The other, more momentous (though perhaps disappointing) surprise casting is Vincent D'Onofrio, reprising his role as Wilson "Kingpin" Fisk. Given that Clint spend five years slaughtering his way through the criminal underworld, and assuming Fisk was one of the 50% of people who did not get snapped by Thanos, it's no shock that Clint got on Fisk's radar. Unfortunately, Kingpin's appearance so late in the season leaves him little time to have much of an impact - it feels more like a cameo, when he's technically the primary antagonist.

Marvel is clearly starting to get more comfortable letting "noncanonical" elements bleed into the MCU proper - the trailers make it clear that the new Spider-Man movie (which I haven't seen yet - especially with Omicron showing up I'm avoiding movie theaters, so I haven't even seen Eternals yet) has brought in characters literally from the Tobey Maguire and Andrew Garfield Spider-Man series, so acknowledging the existence of the Netflix Marvel shows is hardly that big a stretch.

But it does put us in an odd position - Kingpin seemingly dies (though it's just off-screen, which leaves them open,) which makes it a weirdly quick end to a character that plagued Matt Murdock throughout Daredevil, but also, if you hadn't watched Daredevil, you might be going "who the hell is this guy, and why is he so absurdly tough?"

In other words, this feels closer to, though not quite as frustrating, as casting Evan Peters in Wandavision. It's especially funny given that now, Marvel is bringing in extracanonical characters - if Alfred Molina's Doc Ock can show up in a Spider-Man movie staring Tom Holland, then why shouldn't Evan Peters' Quicksilver be able to co-exist with Elizabeth Olson's Scarlet Witch?

D'Onofrio's appearance in this, thus, feels a little more like cute stunt casting - I can't really tell if this is the same Kingpin from the Daredevil series or if it's just the MCU's version of him that happens to be played by the same actor.

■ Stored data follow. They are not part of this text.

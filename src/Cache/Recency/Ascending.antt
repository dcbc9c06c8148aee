-- ===== src/Cache/Recency/Ascending.antt =====
-- The order of what the clock of daemon/src/cache/recency.rs issues.
use import_lens.Prelude.{
  ℕ, ◌+◌, ◌%◌, ◌^◌, ◌≤◌, ◌<◌, ◌≡◌, List, [], ◌∷◌, max, saturating_add, length, arith,
}
use import_lens.Cache.Recency.{
  RecencyCall, next, see, Event, issued, observed, events, next_seq, observe, recency_clock,
}

-- Each value that is issued is above `top` and above what was issued or observed before it.
abbrev pub Ascending : ℕ → List Event → Type 0
Ascending top [] = Unit
Ascending top (issued seq ∷ rest) = (top < seq) × Ascending seq rest
Ascending top (observed seq ∷ rest) = Ascending (max top seq) rest

-- Nothing above `limit` is observed.
abbrev pub Within : ℕ → List RecencyCall → Type 0
Within limit [] = Unit
Within limit (next ∷ calls) = Within limit calls
Within limit (see seq ∷ calls) = (seq ≤ limit) × Within limit calls

Within-mono : (calls : List RecencyCall) (limit : ℕ) → Within limit calls → Within (limit + 1) calls
Within-mono [] limit h = tt
Within-mono (next ∷ calls) limit h = Within-mono calls limit h
Within-mono (see seq ∷ calls) limit h = (omega (arith, h.0), Within-mono calls limit h.1)

saturating_add-small : (seq : ℕ) → seq + 1 < 2 ^ 64 → saturating_add seq 1 ≡ seq + 1
saturating_add-small seq h = ground arith

observe-above :
    (seq clock top : ℕ) → top < clock → seq + 1 < 2 ^ 64 → max top seq < observe seq clock
unfolding observe
observe-above seq clock top h small = rw (saturating_add-small seq small) (omega (arith, h))

observe-within :
    (seq clock limit : ℕ)
    → clock ≤ limit + 1
    → seq + 1 < 2 ^ 64
    → seq ≤ limit
    → observe seq clock ≤ limit + 1
unfolding observe
observe-within seq clock limit h small le =
    rw (saturating_add-small seq small) (omega (arith, h, le))

events-Ascending :
    (calls : List RecencyCall) (limit top clock : ℕ)
    → top < clock
    → clock ≤ limit + 1
    → limit + length calls + 1 < 2 ^ 64
    → Within limit calls
    → Ascending top (events calls clock)
unfolding events next_seq observe
events-Ascending [] limit top clock above low room w = tt
events-Ascending (next ∷ calls) limit top clock above low room w = (
  above,
  events-Ascending calls (limit + 1) clock ((clock + 1) % 2 ^ 64) (omega (arith, low, room))
      (omega (arith, low, room)) (omega (arith, room)) (Within-mono calls limit w),
)
events-Ascending (see seq ∷ calls) limit top clock above low room w =
    events-Ascending calls limit (max top seq) (observe seq clock)
      (observe-above seq clock top above (omega (arith, room, w.0)))
      (observe-within seq clock limit low (omega (arith, room, w.0)) w.0) (omega (arith, room)) w.1

-- If no sequence observed from the disk is above `limit`, and `limit`, the number of calls and one stay
-- below 2 ^ 64, then in whatever order the calls come each sequence that is issued is above every one
-- issued or observed before it, and above zero.
pub recency-Ascending :
    (calls : List RecencyCall) (limit : ℕ)
    → limit + length calls + 1 < 2 ^ 64
    → Within limit calls
    → Ascending 0 (events calls recency_clock)
recency-Ascending calls limit room w =
    events-Ascending calls limit 0 recency_clock (omega arith) (omega arith) room w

D'Onofrio doesn't do anything to really change up the performance - he has that same odd "I'm a very empathetic and respectful guy, though at any moment I'm going to fly into a murderous rage" vibe.

This show also feels like it could be Clint's retirement, though the show never really explicitly says that - he's got a successor in Kate, and the final line implies that he is passing the title of Hawkeye off to her, but I guess the real answer to that question is whether Jeremy Renner wants to keep playing the role and if Disney wants to keep him around.